Stored data entries:
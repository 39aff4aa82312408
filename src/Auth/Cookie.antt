-- ===== src/Auth/Cookie.antt =====
-- Which session cookies are accepted: IssueCookie and SessionValid of auth.go.
use in_proxy.Common.{
  ℕ, zero, suc, ◌+◌, ◌-◌, ◌*◌, ◌/◌, ◌%◌, ◌^◌, ◌≤◌, ◌<◌, ◌≡◌, ◌≢◌, refl, sym, ap, ◌∙◌, true, false,
  ◌&&◌, List, [], ◌∷◌, ◌++◌, Option, none, some, ltb, leb, nat_eq, arith, Bool-cases, Option-cases,
  inl, inr, All-weaken, append_assoc, append-nil,
}
use in_proxy.Common.Int.{ℤ, pos, negsuc}
use in_proxy.Text.{Text, ◌==◌, eq_iff, eq_refl, Lacks}
use in_proxy.Text.Numbers.{atoi, digits, IsNumeric, digits-IsNumeric, atoi-digits}
use in_proxy.Config.Endpoints.{is_empty}
use in_proxy.Auth.{
  session_ttl, format_from, format_int, split_dot, sign, cookie_value, not_past, session_valid,
  before_dot,
}

digits-digit : (n m : ℕ) (s : Text) → m < 10 → digits n ((b'0' + m) ∷ s) ≡ digits (n * 10 + m) s
unfolding digits
digits-digit n m s h =
    let back : (b'0' + m) - b'0' ≡ m = omega arith in
    let low : leb b'0' (b'0' + m) && leb (b'0' + m) b'9' ≡ true = ground arith in
    rw low (rw back refl)

digits-format_from :
    (fuel n : ℕ) (s : Text) → n < fuel → digits 0 (format_from fuel n ++ s) ≡ digits n s
unfolding format_from
digits-format_from zero n s h = absurd (omega arith)
digits-format_from (suc fuel) n s h = elim (Bool-cases (ltb n 10)) [
  | inl small ↦ rw small (digits-digit 0 n s (ground arith) ∙ ap (λ k. digits k s) (omega arith))
  | inr large ↦
      let front = format_from fuel (n / 10) in
      let last = b'0' + n % 10 in
      let ih = digits-format_from fuel (n / 10) (last ∷ s) (ground arith) in
      rw large (
        ap (digits 0) (append_assoc front (last ∷ []) s)
        ∙ ih
        ∙ digits-digit (n / 10) (n % 10) s (omega arith)
        ∙ ap (λ k. digits k s) (omega arith))
]

digits-format_int : (n : ℕ) → digits 0 (format_int n) ≡ some n
unfolding format_int digits
digits-format_int n =
    ap (digits 0) (sym (append-nil (format_from (suc n) n)))
    ∙ digits-format_from (suc n) n [] (omega arith)

format_from-some : (fuel n : ℕ) → is_empty (format_from (suc fuel) n) ≡ false
unfolding format_from
format_from-some fuel n = elim (Bool-cases (ltb n 10)) [
  | inl small ↦ rw small refl
  | inr large ↦ rw large (not_empty (format_from fuel (n / 10)) (b'0' + n % 10))
]
  where
    not_empty : (s : Text) (c : ℕ) → is_empty (s ++ (c ∷ [])) ≡ false
    not_empty [] c = refl
    not_empty (b ∷ s) c = refl

read_back :
    (s : Text) (n : ℕ)
    → is_empty s ≡ false
    → digits 0 s ≡ some n
    → leb n (2 ^ 63 - 1) ≡ true
    → atoi s ≡ some (pos n)
read_back [] n e h b = cc
read_back (c ∷ s) n e h b = atoi-digits c s n h b

atoi-format_int : (n : ℕ) → leb n (2 ^ 63 - 1) ≡ true → atoi (format_int n) ≡ some (pos n)
unfolding format_int
atoi-format_int n b = read_back (format_int n) n (format_from-some n n) (digits-format_int n) b

split_dot-append : (p m : Text) → Lacks b'.' p → split_dot (p ++ (b'.' ∷ m)) ≡ some (p, m)
unfolding split_dot
split_dot-append [] m h = refl
split_dot-append (c ∷ p) m (n, h) =
    let other : nat_eq c b'.' ≡ false = ground arith in rw other (rw (split_dot-append p m h) refl)

no_dot : (n : ℕ) → Lacks b'.' (format_int n)
no_dot n =
    All-weaken IsNumeric (λ c. c ≢ b'.') (λ c h. h.3) (format_int n)
      (digits-IsNumeric 0 (format_int n) n (digits-format_int n))

split_dot-whole :
    (s before behind : Text) → split_dot s ≡ some (before, behind) → s ≡ before ++ (b'.' ∷ behind)
unfolding split_dot before_dot
split_dot-whole [] before behind h = cc
split_dot-whole (c ∷ s) before behind h = elim (Bool-cases (nat_eq c b'.')) [
  | inl dot ↦ ground arith
  | inr other ↦ elim (Option-cases (split_dot s)) [
    | inl missing ↦ absurd (ground arith)
    | inr ((front, rest), found) ↦
        let ih = split_dot-whole s front rest found in
        let h' : some (c ∷ front, rest) ≡ some (before, behind) = rw found at (rw other at h) in
        let first : before ≡ c ∷ front = cc in
        let second : behind ≡ rest = cc in rw first (rw second (ap (◌∷◌ c) ih))
  ]
]

module _ (hmac : List ℕ → Text → List ℕ) where
  -- A cookie that IssueCookie sets is accepted exactly as long as twelve hours have not passed, for
  -- expiries within the range of int64.
  pub session_valid-cookie_value :
      (secret : List ℕ) (issued now : ℕ)
      → leb (issued + session_ttl) (2 ^ 63 - 1) ≡ true
      → session_valid hmac secret now (some (cookie_value hmac secret issued))
        ≡ leb now (issued + session_ttl)
  unfolding session_valid cookie_value not_past
  session_valid-cookie_value secret issued now b =
      let exp = issued + session_ttl in
      let mac = sign hmac secret (format_int exp) in
      rw (split_dot-append (format_int exp) mac (no_dot exp), session_valid)
        (rw (eq_refl mac) (rw (atoi-format_int exp b) refl))

  not_past_sound :
      (now : ℕ) (o : Option ℤ)
      → not_past hmac now o ≡ true
      → (exp : ℕ) × (o ≡ some (pos exp)) × (now ≤ exp)
  unfolding not_past
  not_past_sound now none h = cc
  not_past_sound now (some (pos exp)) h = (exp, refl, ground arith)
  not_past_sound now (some (negsuc n)) h = cc

  -- A cookie that is accepted is a number, a dot, and the signature of the number under the key; the
  -- number is an expiry that has not passed.
  pub session_valid_sound :
      (secret : List ℕ) (now : ℕ) (value : Text)
      → session_valid hmac secret now (some value) ≡ true
      → (payload : Text) × (exp : ℕ) × (value ≡ payload ++ (b'.' ∷ sign hmac secret payload))
        × (atoi payload ≡ some (pos exp))
        × (now ≤ exp)
  unfolding session_valid
  session_valid_sound secret now value h = elim (Option-cases (split_dot value)) [
    | inl missing ↦ absurd (ground arith)
    | inr ((payload, mac), found) ↦
        let h' : mac == sign hmac secret payload && not_past hmac now (atoi payload) ≡ true =
          rw (found, session_valid) at h in
        let signed : mac ≡ sign hmac secret payload =
          (eq_iff mac (sign hmac secret payload)).0 (ground arith) in
        let (exp, reads, fresh) = not_past_sound now (atoi payload) (ground arith) in
        (payload, exp, rw (sym signed) (split_dot-whole value payload mac found), reads, fresh)
  ]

== What this task involves ==
The required answer is each line of the data in which the word "Common" appears.

== Response area ==
use in_proxy.Common.{
use in_proxy.Common.Int.{ℤ, pos, negsuc}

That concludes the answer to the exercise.